● Prompt: Using the string "unfolding" as the key, pull each matching line out of the records below.

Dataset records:
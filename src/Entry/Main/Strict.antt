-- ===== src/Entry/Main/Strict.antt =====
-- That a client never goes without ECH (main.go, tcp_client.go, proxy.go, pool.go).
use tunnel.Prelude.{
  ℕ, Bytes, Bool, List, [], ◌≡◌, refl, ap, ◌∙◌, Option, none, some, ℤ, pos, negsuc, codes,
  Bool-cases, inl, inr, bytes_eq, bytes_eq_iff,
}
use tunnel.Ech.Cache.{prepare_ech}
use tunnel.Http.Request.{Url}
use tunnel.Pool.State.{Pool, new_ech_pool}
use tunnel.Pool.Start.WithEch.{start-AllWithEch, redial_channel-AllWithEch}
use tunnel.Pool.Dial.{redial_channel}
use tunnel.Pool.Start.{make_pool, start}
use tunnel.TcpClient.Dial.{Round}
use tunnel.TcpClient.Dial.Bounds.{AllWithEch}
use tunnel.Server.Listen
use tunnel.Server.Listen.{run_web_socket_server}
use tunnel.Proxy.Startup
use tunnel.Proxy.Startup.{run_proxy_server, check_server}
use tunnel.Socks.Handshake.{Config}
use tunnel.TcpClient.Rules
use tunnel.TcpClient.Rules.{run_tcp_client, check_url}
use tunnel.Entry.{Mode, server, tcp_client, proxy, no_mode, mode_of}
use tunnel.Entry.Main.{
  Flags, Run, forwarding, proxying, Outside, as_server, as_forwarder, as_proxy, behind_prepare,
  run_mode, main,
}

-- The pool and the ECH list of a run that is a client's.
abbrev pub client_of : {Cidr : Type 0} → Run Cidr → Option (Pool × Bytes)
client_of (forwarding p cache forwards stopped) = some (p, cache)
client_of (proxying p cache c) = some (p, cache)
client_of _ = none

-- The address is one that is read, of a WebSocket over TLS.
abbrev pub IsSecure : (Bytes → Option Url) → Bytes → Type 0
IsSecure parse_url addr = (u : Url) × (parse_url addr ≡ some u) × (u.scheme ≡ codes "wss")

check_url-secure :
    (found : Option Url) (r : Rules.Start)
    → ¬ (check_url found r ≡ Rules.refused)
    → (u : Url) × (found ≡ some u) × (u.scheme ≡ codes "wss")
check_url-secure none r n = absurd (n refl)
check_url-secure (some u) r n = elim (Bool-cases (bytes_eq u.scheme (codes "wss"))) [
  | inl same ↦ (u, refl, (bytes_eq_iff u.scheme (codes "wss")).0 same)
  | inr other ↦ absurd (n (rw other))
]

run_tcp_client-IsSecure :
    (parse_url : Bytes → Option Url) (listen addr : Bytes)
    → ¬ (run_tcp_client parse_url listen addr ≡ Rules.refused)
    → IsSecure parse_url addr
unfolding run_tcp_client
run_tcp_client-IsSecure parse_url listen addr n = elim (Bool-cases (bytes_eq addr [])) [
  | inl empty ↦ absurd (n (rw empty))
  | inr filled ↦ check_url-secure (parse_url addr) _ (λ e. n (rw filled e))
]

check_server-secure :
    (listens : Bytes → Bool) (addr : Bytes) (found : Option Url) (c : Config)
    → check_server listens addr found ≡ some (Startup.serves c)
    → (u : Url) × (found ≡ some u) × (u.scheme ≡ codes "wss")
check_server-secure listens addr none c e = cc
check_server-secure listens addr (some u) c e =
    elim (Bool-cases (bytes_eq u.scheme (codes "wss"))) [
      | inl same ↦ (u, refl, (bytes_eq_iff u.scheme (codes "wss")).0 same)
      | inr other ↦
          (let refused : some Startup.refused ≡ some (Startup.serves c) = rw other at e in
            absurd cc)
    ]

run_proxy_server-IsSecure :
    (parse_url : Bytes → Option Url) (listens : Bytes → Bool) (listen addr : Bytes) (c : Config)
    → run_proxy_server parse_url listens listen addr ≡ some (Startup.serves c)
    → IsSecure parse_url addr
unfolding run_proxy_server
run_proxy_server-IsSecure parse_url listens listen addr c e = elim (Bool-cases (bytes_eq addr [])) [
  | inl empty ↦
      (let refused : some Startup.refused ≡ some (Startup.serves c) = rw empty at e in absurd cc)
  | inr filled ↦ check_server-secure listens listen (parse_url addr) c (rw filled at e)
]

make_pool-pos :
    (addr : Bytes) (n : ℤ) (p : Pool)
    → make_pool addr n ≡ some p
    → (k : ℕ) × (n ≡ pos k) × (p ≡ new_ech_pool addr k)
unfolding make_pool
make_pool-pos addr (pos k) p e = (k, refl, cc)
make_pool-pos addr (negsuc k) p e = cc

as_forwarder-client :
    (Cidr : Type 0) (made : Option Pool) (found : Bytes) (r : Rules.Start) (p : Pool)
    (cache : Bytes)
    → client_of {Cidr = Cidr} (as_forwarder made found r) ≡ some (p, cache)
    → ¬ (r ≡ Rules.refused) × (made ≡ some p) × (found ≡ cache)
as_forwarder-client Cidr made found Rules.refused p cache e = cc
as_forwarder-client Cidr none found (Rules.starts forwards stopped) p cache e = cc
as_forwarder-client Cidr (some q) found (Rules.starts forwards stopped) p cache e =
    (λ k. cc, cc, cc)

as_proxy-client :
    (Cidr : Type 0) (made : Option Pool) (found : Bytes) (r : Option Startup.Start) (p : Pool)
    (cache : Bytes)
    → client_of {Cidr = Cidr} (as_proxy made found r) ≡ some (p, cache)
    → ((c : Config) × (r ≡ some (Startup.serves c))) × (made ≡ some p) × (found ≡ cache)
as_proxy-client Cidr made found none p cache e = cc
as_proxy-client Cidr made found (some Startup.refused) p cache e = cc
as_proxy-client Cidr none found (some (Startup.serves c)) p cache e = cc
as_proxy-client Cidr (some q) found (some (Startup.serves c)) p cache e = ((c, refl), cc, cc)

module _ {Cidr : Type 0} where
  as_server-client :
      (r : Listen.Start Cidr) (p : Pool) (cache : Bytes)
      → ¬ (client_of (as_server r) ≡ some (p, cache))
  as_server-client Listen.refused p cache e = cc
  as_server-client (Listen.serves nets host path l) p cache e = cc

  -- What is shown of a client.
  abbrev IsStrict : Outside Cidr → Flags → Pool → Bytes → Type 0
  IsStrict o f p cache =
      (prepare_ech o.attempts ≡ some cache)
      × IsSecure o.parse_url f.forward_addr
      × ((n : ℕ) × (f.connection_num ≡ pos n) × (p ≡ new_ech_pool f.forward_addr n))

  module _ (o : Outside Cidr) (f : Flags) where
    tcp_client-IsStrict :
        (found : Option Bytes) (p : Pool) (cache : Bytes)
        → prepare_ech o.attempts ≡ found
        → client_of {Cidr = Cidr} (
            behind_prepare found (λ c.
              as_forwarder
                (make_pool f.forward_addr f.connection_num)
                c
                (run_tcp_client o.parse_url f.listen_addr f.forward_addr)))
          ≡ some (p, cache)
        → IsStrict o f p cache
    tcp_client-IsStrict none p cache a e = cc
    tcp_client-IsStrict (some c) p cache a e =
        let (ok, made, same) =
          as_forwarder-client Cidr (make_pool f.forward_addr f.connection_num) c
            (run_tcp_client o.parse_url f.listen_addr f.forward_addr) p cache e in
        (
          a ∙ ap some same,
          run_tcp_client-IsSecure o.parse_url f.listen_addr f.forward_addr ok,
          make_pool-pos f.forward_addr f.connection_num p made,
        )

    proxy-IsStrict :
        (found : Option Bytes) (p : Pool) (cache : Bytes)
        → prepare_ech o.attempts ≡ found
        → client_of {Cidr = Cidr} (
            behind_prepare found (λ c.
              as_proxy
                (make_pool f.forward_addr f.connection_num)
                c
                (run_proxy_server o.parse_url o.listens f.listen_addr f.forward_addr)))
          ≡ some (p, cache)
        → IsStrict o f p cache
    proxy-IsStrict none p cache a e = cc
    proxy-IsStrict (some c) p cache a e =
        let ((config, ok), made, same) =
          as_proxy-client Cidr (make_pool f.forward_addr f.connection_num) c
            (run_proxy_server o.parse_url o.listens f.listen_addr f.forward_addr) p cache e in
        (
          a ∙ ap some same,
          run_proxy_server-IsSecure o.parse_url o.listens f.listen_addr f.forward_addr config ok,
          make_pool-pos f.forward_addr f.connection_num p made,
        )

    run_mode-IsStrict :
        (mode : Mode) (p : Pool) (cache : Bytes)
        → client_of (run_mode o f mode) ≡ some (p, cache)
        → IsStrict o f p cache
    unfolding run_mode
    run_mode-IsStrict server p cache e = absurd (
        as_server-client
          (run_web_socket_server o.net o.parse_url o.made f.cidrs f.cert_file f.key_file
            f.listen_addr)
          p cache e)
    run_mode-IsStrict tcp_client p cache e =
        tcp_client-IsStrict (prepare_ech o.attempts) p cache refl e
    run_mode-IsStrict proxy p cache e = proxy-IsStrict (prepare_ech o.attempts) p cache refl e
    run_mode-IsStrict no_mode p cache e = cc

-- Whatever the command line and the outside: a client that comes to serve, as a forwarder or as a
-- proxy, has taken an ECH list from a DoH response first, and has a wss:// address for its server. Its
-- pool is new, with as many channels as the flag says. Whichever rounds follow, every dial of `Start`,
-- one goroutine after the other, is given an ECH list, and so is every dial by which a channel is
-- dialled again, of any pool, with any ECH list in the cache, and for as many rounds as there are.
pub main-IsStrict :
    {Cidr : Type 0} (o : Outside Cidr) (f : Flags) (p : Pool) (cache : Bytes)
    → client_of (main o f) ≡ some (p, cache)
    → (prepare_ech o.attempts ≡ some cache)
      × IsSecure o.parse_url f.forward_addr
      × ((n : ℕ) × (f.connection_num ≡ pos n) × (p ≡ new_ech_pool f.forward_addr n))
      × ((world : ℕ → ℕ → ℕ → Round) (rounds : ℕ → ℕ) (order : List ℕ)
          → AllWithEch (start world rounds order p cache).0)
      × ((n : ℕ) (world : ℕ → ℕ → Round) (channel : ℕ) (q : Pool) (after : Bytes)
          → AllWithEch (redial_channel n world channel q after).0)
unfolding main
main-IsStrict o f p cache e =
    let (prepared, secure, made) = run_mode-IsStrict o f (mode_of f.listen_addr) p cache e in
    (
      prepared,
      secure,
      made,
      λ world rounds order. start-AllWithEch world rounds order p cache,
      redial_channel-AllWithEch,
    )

● Your response:
unfolding run_tcp_client
unfolding run_proxy_server
unfolding make_pool
    unfolding run_mode
unfolding main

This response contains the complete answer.